» What the task requires
Search the data for "OmClientResponse". Return each matching line.

» Exercise data
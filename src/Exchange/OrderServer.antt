-- ===== src/Exchange/OrderServer.antt =====
-- exchange/order_server/order_server.h: numbered requests come in on the clients' connections,
-- numbered responses go out on them. A connection is a number; what is sent is appended to a list
-- with its connection. The clients' arrays are indexed without a test.
use zquant_system.Prelude.{
  ℕ, ◌+◌, ◌%◌, ◌^◌, not, Option, some, List, [], ◌∷◌, ◌++◌, ltb, ◌==◌, is_some, update,
  if◌then◌else◌,
}
use zquant_system.Common.Types.{ClientId, me_max_num_clients}
use zquant_system.Common.Fault.{
  ok, err, Cmd, pure, ◌>>=◌, ◌>>◌, in_range, assert, deref, get, modify,
}
use zquant_system.Messages.{OmClientRequest, MeClientResponse, OmClientResponse}
use zquant_system.Book.{is_at}
use zquant_system.Exchange.FifoSequencer.{
  FifoSequencer, add_client_request, sequence_and_publish, RecvTimeClientRequest,
}

pub record OrderServer : Type 0 where
  pub cid_next_outgoing_seq_num : ClientId → ℕ
  pub cid_next_exp_seq_num : ClientId → ℕ
  pub cid_tcp_socket : ClientId → Option ℕ
  pub sent : List (ℕ × OmClientResponse)
  pub fifo_sequencer : FifoSequencer

-- `++` of a sequence number, a `size_t`.
abbrev pub next_seq_num : ℕ → ℕ
next_seq_num n = (n + 1) % 2 ^ 64

-- One turn of the loop over the outgoing responses.
unfoldable pub send_response : MeClientResponse → Cmd OrderServer (Unit {0})
send_response r = do
  in_range (ltb r.client_id me_max_num_clients)
  s ← get
  assert (is_some (s.cid_tcp_socket r.client_id))
  socket ← deref (s.cid_tcp_socket r.client_id)
  modify (λ t. record t {
    sent =
        t.sent
        ++ (
          socket,
          record { seq_num = t.cid_next_outgoing_seq_num r.client_id; me_client_response = r },
        )
          ∷ [];
    cid_next_outgoing_seq_num =
        update t.cid_next_outgoing_seq_num r.client_id
          (next_seq_num (t.cid_next_outgoing_seq_num r.client_id));
  })

unfoldable pub send_responses : List MeClientResponse → Cmd OrderServer (Unit {0})
unfolding send_response
send_responses [] = pure tt
send_responses (r ∷ rs) = send_response r >> send_responses rs

abbrev pub on_sequencer : Cmd FifoSequencer (Unit {0}) → Cmd OrderServer (Unit {0})
on_sequencer c s = elim (c s.fifo_sequencer) [
  | ok (a, f) ↦ ok (a, record s { fifo_sequencer = f })
  | err e ↦ err e
]

-- The first message of a client binds it to its connection.
abbrev bind_socket : ClientId → ℕ → OrderServer → OrderServer
bind_socket client_id socket s =
    if is_some (s.cid_tcp_socket client_id)
    then s
    else record s { cid_tcp_socket = update s.cid_tcp_socket client_id (some socket) }

-- One message of the loop of recvCallback(). One on another connection, or out of sequence, is
-- dropped.
unfoldable pub recv_request : (socket rx_time : ℕ) → OmClientRequest → Cmd OrderServer (Unit {0})
unfolding add_client_request
recv_request socket rx_time m = do
  in_range (ltb m.me_client_request.client_id me_max_num_clients)
  modify (bind_socket m.me_client_request.client_id socket)
  s ← get
  (if not (is_at (s.cid_tcp_socket m.me_client_request.client_id) socket)
      then pure tt
      else if not (m.seq_num == s.cid_next_exp_seq_num m.me_client_request.client_id)
      then pure tt
      else (do
        modify (λ t. record t {
          cid_next_exp_seq_num =
              update t.cid_next_exp_seq_num m.me_client_request.client_id
                (next_seq_num (t.cid_next_exp_seq_num m.me_client_request.client_id));
        })
        on_sequencer (add_client_request rx_time m.me_client_request)))

-- recvCallback(), on the whole messages that the connection's buffer holds.
unfoldable pub recv_callback :
    (socket rx_time : ℕ) → List OmClientRequest → Cmd OrderServer (Unit {0})
unfolding recv_request
recv_callback socket rx_time [] = pure tt
recv_callback socket rx_time (m ∷ ms) =
    recv_request socket rx_time m >> recv_callback socket rx_time ms

unfoldable pub recv_finished_callback :
    (List RecvTimeClientRequest → List RecvTimeClientRequest) → OrderServer → OrderServer
unfolding sequence_and_publish
recv_finished_callback sort s = record s {
  fifo_sequencer = sequence_and_publish sort s.fifo_sequencer;
}
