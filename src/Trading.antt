-- ===== src/Trading.antt =====
-- trading: a market participant.
pub mod MarketDataConsumer
pub mod OrderGateway
pub mod MarketOrderBook
pub mod RiskManager
pub mod OrderManager
pub mod Doubles
pub mod PositionKeeper
pub mod Strategy
pub mod TradeEngine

» Problem solution
use zquant_system.Messages.{OmClientRequest, MeClientResponse, OmClientResponse}
  pub sent : List (ℕ × OmClientResponse)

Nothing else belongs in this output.